- _Exercise description_
Which lines of the entries hold the string "then"? Copy each one.

[[ Supplied material open ]]

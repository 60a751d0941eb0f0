-- ===== src/Delivery/Service/Resend.antt =====
-- What every history of the parts of a delivery keeps.
use luna_agent.Prelude.{
  ℕ, zero, suc, ◌≤◌, ◌<◌, ◌≡◌, refl, sym, ◌∙◌, subst, ◌⊎◌, inl, inr, true, false, ◌||◌, Option,
  none, some, List, [], ◌∷◌, ◌++◌, arith, ◌==◌, ==_iff, String, String_eq, ℕ_eq, take, Bool-cases,
  Option-cases, if_elim, All,
}
use luna_agent.Prelude.Dict
use luna_agent.Prelude.Dict.{get-map_values}
use luna_agent.Conversation.Message.{OutboundMessage}
use luna_agent.Delivery.{DeliveryStatus}
use luna_agent.Delivery.Planner.{DeliveryOperation, PlatformCapabilities, plan}
use luna_agent.Delivery.Planner.Numbered.{Numbered, plan_sound}
use luna_agent.Delivery.Parts.{
  PartStatus, OutboxPartRecord, DeliveryPartResult, Rows, ensure_parts, start_part, recovered,
  recover, changed_at, get-update_part, ensure_parts-keeps,
}
use luna_agent.Delivery.Send.{Platform}
use luna_agent.Delivery.Service.{
  Route, unbound, unavailable, connected, PreDeliveryOutcome, DeliveryRequest, deliver_parts,
  result_of, deliver_planned, deliver_message, deliver_once,
}
use luna_agent.Delivery.Service.Attempt.{
  is_settled, is_there, RowsOk, ensure_parts_ok, ensure_parts_there, recover_ok, RowOk-of,
}
use luna_agent.Delivery.Service.History.{Step, delivers, stops, starts, restarts, begun, step, run}
use luna_agent.Delivery.Service.Pass.{sends, pass}
use luna_agent.Delivery.Service.Complete.{delivered_at, complete}

-- What every step keeps.
record Kept (max_attempts : ℕ) (rows : Rows) (result : Rows × List DeliveryPartResult)
    : Type 0 where
  ok : RowsOk max_attempts result.0
  settled :
      (i : ℕ) (row : OutboxPartRecord)
      → Dict.get rows i ≡ some row
      → is_settled row.status ≡ true
      → (Dict.get result.0 i ≡ some row) × (sends i result.1 ≡ false)

Numbered-take : (n k : ℕ) (ops : List DeliveryOperation) → Numbered n ops → Numbered n (take k ops)
Numbered-take n zero ops h = tt
Numbered-take n (suc k) [] h = tt
Numbered-take n (suc k) (op ∷ ops) h = (h.0, Numbered-take (suc n) k ops h.1)

All-take :
    (P : DeliveryOperation → Type 0) (k : ℕ) (ops : List DeliveryOperation)
    → All P ops
    → All P (take k ops)
All-take P zero ops h = tt
All-take P (suc k) [] h = tt
All-take P (suc k) (op ∷ ops) h = (h.0, All-take P k ops h.1)

sends-append :
    (i : ℕ) (xs ys : List DeliveryPartResult) → sends i (xs ++ ys) ≡ (sends i xs || sends i ys)
sends-append i [] ys = refl
sends-append i (x ∷ xs) ys = ground (arith, sends-append i xs ys)

module _ (max_attempts : ℕ) (allowed : 0 < max_attempts) (rows : Rows)
    (ok : RowsOk max_attempts rows) where
  Kept-none : Kept max_attempts rows (rows, [])
  Kept-none = record { ok = ok; settled = λ i row found done. (found, refl) }

  Kept-pass :
      (p : Platform) (session_key : String) (ops tried : List DeliveryOperation)
      → Numbered 0 tried
      → All (λ op. is_there (Dict.get (ensure_parts rows ops) op.index) ≡ true) tried
      → Kept max_attempts rows (
          deliver_parts p session_key max_attempts
            (ensure_parts rows ops)
            (ensure_parts rows ops)
            tried)
  Kept-pass p session_key ops tried h there =
      let records = ensure_parts rows ops in
      let records_ok = ensure_parts_ok max_attempts rows ops allowed ok in
      let passed =
        pass p session_key max_attempts 0 records records tried h there records_ok records_ok
          (λ i l. refl) in
      record {
        ok = passed.ok;
        settled = λ i row found done.
            passed.settled i row (omega arith) (ensure_parts-keeps rows ops i row found) done;
      }

  Kept-recover : Kept max_attempts rows (recover rows, [])
  unfolding recover
  Kept-recover = record {
    ok = recover_ok max_attempts rows ok;
    settled = λ i row found done. (
      get-map_values (λ row. record row { status = recovered row.status }) rows i
          ∙ (ground (arith, found)),
      refl,
    );
  }

  Kept-start :
      (i : ℕ) (row : OutboxPartRecord)
      → Dict.get rows i ≡ some row
      → is_settled row.status ≡ false
      → Kept max_attempts rows (start_part rows i, [])
  unfolding start_part
  Kept-start i row found unsettled =
      let at = get-update_part rows i (λ row. record row { status = PartStatus.sending }) in
      record {
        ok = λ j other e.
            let now : changed_at (i == j) (λ row. record row { status = PartStatus.sending })
                  (Dict.get rows j)
                ≡ some other =
              sym (at j) ∙ e in
            elim (Bool-cases (i == j)) [
              | inl same ↦
                  let here : Dict.get rows j ≡ some row =
                    subst (λ k. Dict.get rows k ≡ some row) ((==_iff i j).0 same) found in
                  RowOk-of max_attempts j (record row { status = PartStatus.sending }) other
                    (ground (arith, now, same, here)) (ground (arith, ok j row here))
              | inr elsewhere ↦
                  ok j other (ground (arith, now, elsewhere, Option-cases (Dict.get rows j)))
            ];
        settled = λ j other found' done. (at j ∙ (ground (arith, found, found', ==_iff i j)), refl);
      }

  Kept-begun :
      (i : ℕ) (found : Option OutboxPartRecord)
      → Dict.get rows i ≡ found
      → Kept max_attempts rows (begun rows i found, [])
  Kept-begun i none e = Kept-none
  Kept-begun i (some row) e =
      if_elim (λ r. Kept max_attempts rows (r, [])) (is_settled row.status) _ _ (λ done. Kept-none)
        (λ unsettled. Kept-start i row e unsettled)

module _ {M : Type 0} (no_metadata : M) (lower : String → String) (max_attempts : ℕ)
    (allowed : 0 < max_attempts) where
  Kept-message :
      (rows : Rows) (p : Platform) (caps : PlatformCapabilities) (request : DeliveryRequest M)
      (message : Option (OutboundMessage M))
      → RowsOk max_attempts rows
      → let once = deliver_message no_metadata lower max_attempts rows p caps request message in
        Kept max_attempts rows (once.0, once.1.parts)
  unfolding deliver_message deliver_planned result_of
  Kept-message rows p caps request none ok = Kept-none max_attempts allowed rows ok
  Kept-message rows p caps request (some message) ok =
      let ops = (plan lower message caps).operations in
      Kept-pass max_attempts allowed rows ok p request.session_key ops ops
        (plan_sound lower message caps).1 (ensure_parts_there rows ops)

  Kept-once :
      (rows : Rows) (route : Route) (hook : Option PreDeliveryOutcome) (request : DeliveryRequest M)
      → RowsOk max_attempts rows
      → Kept max_attempts rows
          (step no_metadata lower max_attempts rows (delivers route hook request))
  unfolding step deliver_once
  Kept-once rows unbound hook request ok = Kept-none max_attempts allowed rows ok
  Kept-once rows (unavailable platform) hook request ok = Kept-none max_attempts allowed rows ok
  Kept-once rows (connected p caps) hook request ok = Kept-message rows p caps request _ ok

  Kept-step :
      (rows : Rows) (s : Step M)
      → RowsOk max_attempts rows
      → Kept max_attempts rows (step no_metadata lower max_attempts rows s)
  unfolding step
  Kept-step rows (delivers route hook request) ok = Kept-once rows route hook request ok
  Kept-step rows (stops p request message caps n) ok =
      let ops = (plan lower message caps).operations in
      Kept-pass max_attempts allowed rows ok p request.session_key ops (take n ops)
        (Numbered-take 0 n ops (plan_sound lower message caps).1)
        (All-take _ n ops (ensure_parts_there rows ops))
  Kept-step rows (starts i) ok = Kept-begun max_attempts allowed rows ok i (Dict.get rows i) refl
  Kept-step rows restarts ok = Kept-recover max_attempts allowed rows ok

  Kept-run :
      (rows : Rows) (ss : List (Step M))
      → RowsOk max_attempts rows
      → Kept max_attempts rows (run no_metadata lower max_attempts rows ss)
  unfolding run
  Kept-run rows [] ok = Kept-none max_attempts allowed rows ok
  Kept-run rows (s ∷ ss) ok =
      let first = Kept-step rows s ok in
      let here = step no_metadata lower max_attempts rows s in
      let rest = Kept-run here.0 ss first.ok in
      record {
        ok = rest.ok;
        settled = λ i row found done.
            let still = first.settled i row found done in
            let later = rest.settled i row still.0 done in
            (later.0, sends-append i here.1 _ ∙ (ground (arith, still.1, later.1)));
      }

  empty_ok : RowsOk max_attempts []
  unfolding Dict.get
  empty_ok i row e = cc

  -- Where at least one attempt is allowed: if the row of a part is delivered, failed or ambiguous
  -- after any steps from no rows, then after any further steps it is the same, and none of these
  -- steps tried to send the part.
  pub settled_never_resent :
      (before after : List (Step M)) (i : ℕ) (row : OutboxPartRecord)
      → let rows = (run no_metadata lower max_attempts [] before).0 in
        Dict.get rows i ≡ some row
        → is_settled row.status ≡ true
        → (Dict.get (run no_metadata lower max_attempts rows after).0 i ≡ some row)
          × (sends i (run no_metadata lower max_attempts rows after).1 ≡ false)
  settled_never_resent before after i row found done =
      let rows = (run no_metadata lower max_attempts [] before).0 in
      (Kept-run rows after (Kept-run [] before empty_ok).ok).settled i row found done

  -- Where at least one attempt is allowed, after any steps from no rows each row stands under the
  -- index of its operation and has at most the allowed attempts, and fewer if it is not delivered,
  -- failed or ambiguous.
  pub part_attempts_bounded :
      (ss : List (Step M)) (i : ℕ) (row : OutboxPartRecord)
      → Dict.get (run no_metadata lower max_attempts [] ss).0 i ≡ some row
      → (row.operation.index ≡ i)
        × (row.attempts ≤ max_attempts)
        × ((is_settled row.status ≡ true) ⊎ (row.attempts < max_attempts))
  part_attempts_bounded ss = (Kept-run [] ss empty_ok).ok

  -- Where at least one attempt is allowed: if a pass over the plan of a message reports delivered
  -- after any steps from no rows, then each operation of the plan has a row that is delivered.
  pub delivered_is_complete :
      (before : List (Step M)) (p : Platform) (request : DeliveryRequest M)
      (message : OutboundMessage M) (caps : PlatformCapabilities)
      → let rows = (run no_metadata lower max_attempts [] before).0 in
        let planned = plan lower message caps in
        let once = deliver_planned no_metadata lower max_attempts rows p request planned in
        once.1.result.status ≡ DeliveryStatus.delivered
        → All (λ op. delivered_at once.0 op.index ≡ true) planned.operations
  unfolding deliver_planned result_of
  delivered_is_complete before p request message caps done =
      let rows = (run no_metadata lower max_attempts [] before).0 in
      let ops = (plan lower message caps).operations in
      let records = ensure_parts rows ops in
      let records_ok =
        ensure_parts_ok max_attempts rows ops allowed (Kept-run [] before empty_ok).ok in
      complete p request.session_key max_attempts 0 records records ops
        (plan_sound lower message caps).1 (ensure_parts_there rows ops) records_ok records_ok
        (λ i l. refl) (ground arith, ground arith)
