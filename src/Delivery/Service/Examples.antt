-- ===== src/Delivery/Service/Examples.antt =====
-- A delivery of a text and an image, whose image is refused at first, and the theorems at it.
use luna_agent.Prelude.{
  ℕ, ◌≤◌, ◌<◌, ◌≡◌, refl, ◌⊎◌, true, false, none, some, List, [], ◌∷◌, arith, String, String_eq,
  ℕ_eq, All, map, nat_eq, if◌then◌else◌,
}
use luna_agent.Prelude.{is_space, lstrip, rstrip, strip}
use luna_agent.Prelude.Dict
use luna_agent.Conversation.Message.{MessagePart, OutboundMessage}
use luna_agent.Delivery.Planner.{
  PlatformCapabilities, normalize_artifact_kind, delivery_kind, unsupported_operation, plan_media,
  plan_part, plan_parts, text_content, plan,
}
use luna_agent.Delivery.Parts.{
  PartStatus, OutboxPartRecord, Rows, ensure_parts, update_part, start_part, part_status,
  record_part_result, recover,
}
use luna_agent.Delivery.Send.{
  Platform, Called, Sent, ArtifactRef, occurs, is_ambiguous_error, send_stored, send_artifact_of,
  send_operation, execute_operation,
}
use luna_agent.Delivery.Service.{
  Route, DeliveryKind, DeliveryRequest, send_part, deliver_parts, result_of, pre_delivery,
  deliver_planned, deliver_message, deliver_once,
}
use luna_agent.Delivery.Service.Attempt.{is_settled}
use luna_agent.Delivery.Service.Pass.{sends}
use luna_agent.Delivery.Service.Complete.{delivered_at}
use luna_agent.Delivery.Service.History.{Step, step, run}
use luna_agent.Delivery.Service.Resend.{
  settled_never_resent, part_attempts_bounded, delivered_is_complete,
}

-- All that a pass calls.
program : Unit {0}
unfolding is_space lstrip rstrip strip normalize_artifact_kind delivery_kind unsupported_operation
    plan_media plan_part plan_parts text_content plan ensure_parts update_part start_part
    part_status record_part_result recover occurs is_ambiguous_error send_stored send_artifact_of
    send_operation execute_operation send_part deliver_parts result_of pre_delivery deliver_planned
    deliver_message deliver_once step run Dict.get Dict.put Dict.map_values
program = tt

abbrev lower : String → String
lower text = text

abbrev image_ref : ArtifactRef
image_ref = record {
  artifact_id = "a";
  session_key = "s";
  delivery_eligible = true;
  size_bytes = 10;
  filename = "a.png";
  mime_type = "image/png";
}

abbrev refused : Called Sent
refused = Called.returns (record { success = false; message_id = ""; error = "busy" })

abbrev accepted : Called Sent
accepted = Called.returns (record { success = true; message_id = "m"; error = "" })

-- Its first attempt at an image fails.
abbrev artifact_answer : ℕ → Called Sent
artifact_answer n = if nat_eq n 1 then refused else accepted

abbrev platform : Platform
platform = record {
  send_message = λ n text. accepted;
  send_artifact = λ n kind path filename mime_type. artifact_answer n;
  max_file_bytes = 100;
  has_store = true;
  get_artifact = λ n id. Called.returns (some image_ref);
  resolve_path = λ n ref. Called.returns "/a.png";
  lower = lower;
  decimal = λ n. "100";
}

abbrev caps : PlatformCapabilities
caps = record {
  image_send = true;
  file_send = true;
  audio_send = false;
  video_send = false;
  max_attachments = 0;
}

abbrev image_part : MessagePart Unit
image_part = record {
  type = "image";
  text = "";
  url = "";
  path = "";
  file_id = "";
  artifact_id = "a";
  name = "a.png";
  mime_type = "image/png";
  metadata = tt;
}

abbrev message : OutboundMessage Unit
message = record {
  parts = record image_part { type = "text"; text = "look"; artifact_id = "" } ∷ image_part ∷ [];
}

abbrev request : DeliveryRequest Unit
request = record {
  session_key = "s";
  message = message;
  kind = DeliveryKind.conversation;
  delivery_id = "d";
}

abbrev first_pass : List (Step Unit)
first_pass = Step.delivers (Route.connected platform caps) none request ∷ []

abbrev after_first : Rows
after_first = (run tt lower 3 [] first_pass).0

statuses : map (λ (i, row). row.status) after_first ≡ PartStatus.delivered ∷ PartStatus.retry ∷ []
unfolding program
statuses = refl

abbrev text_row : OutboxPartRecord
text_row = record {
  operation = record {
    index = 0;
    kind = "text";
    text = "look";
    artifact_id = "";
    filename = "";
    mime_type = "";
    degraded_from = "";
  };
  status = PartStatus.delivered;
  attempts = 1;
  message_id = "m";
  error = "";
  ambiguous = false;
}

abbrev later_steps : List (Step Unit)
later_steps =
    Step.starts 1 ∷ Step.restarts ∷ Step.delivers (Route.connected platform caps) none request ∷ []

settled_never_resent_example :
    (Dict.get (run tt lower 3 after_first later_steps).0 0 ≡ some text_row)
    × (sends 0 (run tt lower 3 after_first later_steps).1 ≡ false)
unfolding program
settled_never_resent_example =
    settled_never_resent tt lower 3 (omega arith) first_pass later_steps 0 text_row refl refl

-- The image goes out in the second pass.
image_is_sent : sends 1 (run tt lower 3 after_first later_steps).1 ≡ true
unfolding program
image_is_sent = refl

part_attempts_bounded_example :
    (text_row.operation.index ≡ 0)
    × (text_row.attempts ≤ 3)
    × ((is_settled text_row.status ≡ true) ⊎ (text_row.attempts < 3))
unfolding program
part_attempts_bounded_example =
    part_attempts_bounded tt lower 3 (omega arith) first_pass 0 text_row refl

delivered_is_complete_example :
    All
      (λ op.
        delivered_at
          (deliver_planned tt lower 3 after_first platform request (plan lower message caps)).0
          op.index
        ≡ true)
      (plan lower message caps).operations
unfolding program
delivered_is_complete_example =
    delivered_is_complete tt lower 3 (omega arith) first_pass platform request message caps refl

[[ Supplied material closed ]]

- _Output for this exercise_
  -- after any steps from no rows, then after any further steps it is the same, and none of these
  -- after any steps from no rows, then each operation of the plan has a row that is delivered.
  ℕ_eq, All, map, nat_eq, if◌then◌else◌,
artifact_answer n = if nat_eq n 1 then refused else accepted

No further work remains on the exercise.